Cuban food has a mixed reputation. The difficulty of getting many ingredients and limitations on private restaurants made Havana a culinary wasteland for a long time, but this is changing. Cubans can now open restaurants, and both traditional and modern Cuban dishes are being made with great quality.
Go here to see a few of my favorite restaurants in Havana Vieja.
Bacardi was based in Cuba before moving away following the aforementioned Cuban revolution. Before their move, they were a huge company with an art deco headquarters that towered over Havana Vieja. It was once the largest building in the city.

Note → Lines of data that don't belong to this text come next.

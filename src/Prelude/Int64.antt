-- ===== src/Prelude/Int64.antt =====
-- Go's int64 as its bit pattern: two's complement, so n < 2^63 stands for itself.
use Prim.Native.Nat.{ℕ, zero, suc, ◌+◌, ◌-◌, ◌/◌, ◌%◌, ◌^◌, ◌<◌}
use Prim.Native.String.{String, ◌++◌, char_at}
use mathlib.Core.Bool.{Bool}
use mathlib.Core.Path.{◌≡◌, refl}
use native.Mathlib.Omega.{arith}
use finn_api_go.Prelude.Tests.{ltb, if◌then◌else◌}

abbrev pub Int64 : Type 0
Int64 = ℕ

unfoldable pub add64 : Int64 → Int64 → Int64
add64 a b = (a + b) % 2 ^ 64

-- The order of the signed values: adding 2^63 moves the least one to 0.
unfoldable pub lt64 : Int64 → Int64 → Bool
lt64 a b = ltb ((a + 2 ^ 63) % 2 ^ 64) ((b + 2 ^ 63) % 2 ^ 64)

abbrev numerals : String
numerals = "0123456789"

digit : ℕ → String
digit d = String.◌∷◌ (char_at numerals d) ""

-- Decimal digits, the last one first put; the fuel bounds their number.
show_digits : ℕ → ℕ → String → String
unfolding digit
show_digits zero n acc = acc
show_digits (suc f) n acc =
    let rest = show_digits f (n / 10) (digit (n % 10) ++ acc) in
    if ltb n 10 then digit n ++ acc else rest

-- 20 digits hold every number below 2^64.
unfoldable pub show_uint : ℕ → String
unfolding show_digits
show_uint n = show_digits 20 n ""

unfoldable pub show64 : Int64 → String
unfolding show_uint
show64 n = if ltb n (2 ^ 63) then show_uint n else "-" ++ show_uint (2 ^ 64 - n)

pub lt64_small : (a b : ℕ) → a < 2 ^ 63 → b < 2 ^ 63 → lt64 a b ≡ ltb a b
unfolding lt64
lt64_small a b p q = ground arith

pub add64_small : (a b : ℕ) → a + b < 2 ^ 64 → add64 a b ≡ a + b
unfolding add64
add64_small a b p = omega arith

show64_runs : show64 (2 ^ 64 - 1203) ≡ "-1203"
unfolding show64
show64_runs = refl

The lobby of the Bacardi Building still looks great, with art deco marble, lighting, and other decor that takes you right back to the 1930s when it was built.
Pay 1 CUC to the security guard and you can then head up to the top of the building. Once you step off the elevator, you’ll quickly see that the building has not been well-maintained over the years.
The view from the top of the Bacardi Building is fantastic, as you get a 360 degree view of Havana Vieja. Just don’t venture too close to the crumbling edge. This was one place where my fear of heights came in handy, as I had no desire to be anywhere near it.
Centro Cultural Antiguos Almacenes San José
One thing you’ll notice about Havana is that, at least as of now, you won’t find tourist shops everywhere. This is great for those of you who are sick of seeing the same mass-produced, plastic, touristy garbage all over the world. But you’ll still want to take something home for yourself or for family & friends. The Centro Cultural Antiguos Almacenes San José is a huge indoor arts marketplace that sits along the Havana harbor at the south end of Havana Vieja.
It’s like a flea market in some regards, but it’s the best option in the city for souvenirs. The items inside are of varying quality, but you’ll find paintings, t-shirts, figurines, jewelery, wood, leather, and other locally-made items.
The trade embargo between the United States and Cuba has led to many items being difficult to find in Cuba. As a result, the Cuban people have been forced to maintain what they already had, when most of the rest of the world would throw them away and move on. This is quickly evident as soon as you step on the streets of Havana.
While there are some lousy Soviet-era cars driving around Havana, there are also many classic cars that have been cruising the streets since the 1950s and even earlier.
Parts have been replaced in creative ways to keep the cars running, and the exteriors are in varying conditions. The best cars are used to drive tourists around Havana, including down the famed Malecón. You can book one to take you on a tour from Parque Central, or you can also have an even more authentic Cuban experience by hailing a colectivo, a shared taxi with locals.
Even if you don’t ride in one, Cuba’s old cars make for great photos.